At Bittiq, for example, we have defined a series of guidelines based on the Code of Practice of the UK Information Commissioner’s Office. Our guidelines are straight-forward and offer guidance in the daily business practice. Our guidelines apply to an activity mostly based on the analysis of banking transactions.
The purpose of our guidelines is to eliminate a large part of the uncertainty that can affect the daily decisions we take. Hence, making sure our data entries are anonymised is beneficial for both our users and ourselves. Equally important, we always aim to maintain a transparent communication with our customers and partners so that they can rely on us to keep their data safe.

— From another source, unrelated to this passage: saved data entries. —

-- ===== src/Tools/Validate.antt =====
-- src/tools_api.rs, `validate_scte35_internal` behind the decoding of its input, with each error text
-- as a constructor that holds the numbers it names.
pub mod Laws
pub mod Builders
use rust_pois.Prelude.{
  ℕ, ◌+◌, ◌-◌, ◌*◌, ◌%◌, ◌^◌, List, [], ◌∷◌, length, get_or, take, ltb, ◌==◌, ◌!=◌, if◌then◌else◌,
  Result, ok, err,
}
use rust_pois.Bits.{Bytes}
use rust_pois.Scte35.Crc.{crc_bytes}

-- `calculate_crc32`: the loops of src/scte35.rs, written a second time.
unfoldable pub calculate_crc32 : Bytes → ℕ
unfolding crc_bytes
calculate_crc32 bytes = crc_bytes 0xFFFFFFFF bytes

pub data ValidateError : Type 0 where
  empty_data : ValidateError
  too_short : ℕ → ValidateError
  invalid_table_id : ℕ → ValidateError
  too_short_for_crc : ValidateError
  crc_mismatch : (calculated stored : ℕ) → ValidateError

-- `u32::from_be_bytes`
abbrev pub from_be_bytes : ℕ → ℕ → ℕ → ℕ → ℕ
from_be_bytes a b c d = a * 2 ^ 24 + b * 2 ^ 16 + c * 2 ^ 8 + d

-- The length and the CRC that the message of a valid section names.
unfoldable pub validate_bytes : Bytes → Result ValidateError (ℕ × ℕ)
unfolding calculate_crc32
validate_bytes bytes =
    let table_id = get_or bytes 0 0 in
    let n = length bytes in
    let calculated_crc = calculate_crc32 (take (n - 4) bytes) in
    let stored_crc =
      from_be_bytes (get_or bytes (n - 4) 0) (get_or bytes (n - 3) 0) (get_or bytes (n - 2) 0)
        (get_or bytes (n - 1) 0) in
    if n == 0
    then err empty_data
    else if ltb n 14
    then err (too_short n)
    else if table_id != 0xFC
    then err (invalid_table_id table_id)
    else if ltb n 4
    then err too_short_for_crc
    else if calculated_crc != stored_crc
    then err (crc_mismatch calculated_crc stored_crc)
    else ok (n, stored_crc)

Knowing what data anonymisation means is relevant for anyone who is in a position to handle data in business. Especially companies that operate in finance or digital technology need to be the frontrunners of fair data handling and transparent communication with their customers.
Having a good understanding of data anonymisation and its business implications enables people in non-legal positions to save a lot of time and costs for their organisation while exploiting the full potential of data.
Then there is one more thing. Usually, legal officers are not the people from a company that communicate with the end users. That’s why a good understanding of the new data regulation from those who have a closer contact with the end user is fundamental to create a great and transparent communication on why and how companies use data. Doing this will win companies the trust of their customers.